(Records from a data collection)
-- ===== src/Client/Tests/Sending.antt =====
-- The theorems about sending and about whole histories, at the test data.
use mathlib.Core.List.Memᴰ.{head, tail}
use clickman.Client.Config.{from_millis}
use clickman.Client.Backoff.{delay}
use clickman.Client.Backoff.Bounds.{doubling, delay_bounds}
use clickman.Base.{
  ◌≤◌, ◌*◌, max, ℕ, ◌<◌, ◌≡◌, refl, ◌⊎◌, Option, none, some, List, [], ◌∷◌, keep, arith,
}
use clickman.Base.Int.{pos, saturating_sub, leb_ℤ}
use clickman.Base.Text.{Text, text}
use clickman.Json.{obj, end}
use clickman.Client.Clock.{millis, unix_millis}
use clickman.Client.Error.{Result}
use clickman.Client.Outcome.{of}
use clickman.Client.Queue.{forced, last, take_batch}
use clickman.Client.Sender.{Attempt, World, response, default_state, send_next, drain, answer_of}
use clickman.Client.Sender.Keeps.{send_next_stays}
use clickman.Client.Sender.Ends.{Fails, drain_ends}
use clickman.Client.Sender.Drain.{Serves, Holds, ready, drain_never_ends}
use clickman.Client.App.{ClickMan}
use clickman.Client.App.Calls.{Call, tracks, resets, drains, run, run-Inv}
use clickman.Client.App.Invariant.{Inv}
use clickman.Client.Tests.{row, store, store-IsOrdered, config, platform, float, float_laws}

-- Attempts that meet a status, while nothing else happens.
abbrev pub attempt_with : ℕ → Attempt float
attempt_with status = record {
  now = pos 5_000_000_000;
  later = pos 5_000_000_000;
  random = 5;
  reply = λ _. response (record { status = status; retry_after = none });
  meanwhile = λ db. db;
}

abbrev pub world : World
world = record { database = store; state = default_state }

send_next_stays_example :
    ((send_next platform float config forced (attempt_with 503) world).1.database ≡ store)
    ⊎ ((send_next platform float config forced (attempt_with 503) world).1.database ≡ record store {
      events =
          keep
            (λ row.
              leb_ℤ
                (saturating_sub (unix_millis (pos 5_000_000_000)) (millis config.max_age))
                row.created_at)
            store.events;
    })
unfolding send_next take_batch saturating_sub unix_millis millis of
send_next_stays_example =
    send_next_stays platform float config (attempt_with 503) forced world refl refl

compresses : (s : Text) → (b : List ℕ) × (platform.compress s ≡ some b)
compresses s = (s, refl)

sends_some : 0 < config.max_batch_events
sends_some = omega arith

attempt-Serves : Serves platform float config compresses sends_some (row 3) (attempt_with 202)
unfolding of answer_of saturating_sub millis unix_millis
attempt-Serves = record { success = λ _. refl; quiet = λ _. refl; fresh = refl }

store-Holds : Holds platform float config compresses sends_some (row 3) store
unfolding last
store-Holds = record { ordered = store-IsOrdered; is_newest = refl }

abbrev flush_of_two : Option (Result (Unit {0})) × World
flush_of_two =
    drain platform float config forced (attempt_with 202 ∷ attempt_with 202 ∷ [])
      (ready platform float config compresses sends_some (row 3) store)

drain_never_ends_example :
    (flush_of_two.0 ≡ none) × (last flush_of_two.1.database.events ≡ some (row 3))
drain_never_ends_example =
    drain_never_ends platform float config compresses sends_some (row 3)
      (attempt_with 202 ∷ attempt_with 202 ∷ []) store (attempt-Serves, (attempt-Serves, tt))
      store-Holds

failing : Fails platform float config (attempt_with 503)
unfolding of answer_of
failing request = refl

drain_ends_example :
    (result : Result (Unit {0})) × ((drain platform float config forced
        (attempt_with 202 ∷ attempt_with 503 ∷ [])
        world).0
      ≡ some result)
drain_ends_example =
    drain_ends platform float config forced (attempt_with 202 ∷ attempt_with 503 ∷ []) world
      (attempt_with 503) (tail (head refl)) failing

abbrev pub client : ClickMan
client = record { store = store; sender = default_state; context = end }

abbrev pub history : List (Call float)
history =
    tracks (text "x") (obj end) (pos 6_000_000_000)
    ∷ resets
    ∷ drains forced (attempt_with 202 ∷ [])
    ∷ []

run-Inv_example : Inv config.max_queue (run platform float config history client).store
run-Inv_example =
    run-Inv platform float config (omega arith) history client
      (tt, (tt, ((record { at = λ db v. v }, tt), tt)))
      (record { ordered = store-IsOrdered; bounded = omega arith })

delay_bounds_example :
    (from_millis (doubling 3 * 800) ≤ delay float 4 none 5)
    × (delay float 4 none 5 ≤ from_millis (doubling 3 * 1200))
    × (delay float 4 (some 7) 5 ≡ max 7 (delay float 4 none 5))
delay_bounds_example = delay_bounds float float_laws 5 3 7 (omega arith) (omega arith)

## What you have to do
Search the data above for "history" and copy every line where it turns up.

## Reply
abbrev pub history : List (Call float)
history =
run-Inv_example : Inv config.max_queue (run platform float config history client).store
    run-Inv platform float config (omega arith) history client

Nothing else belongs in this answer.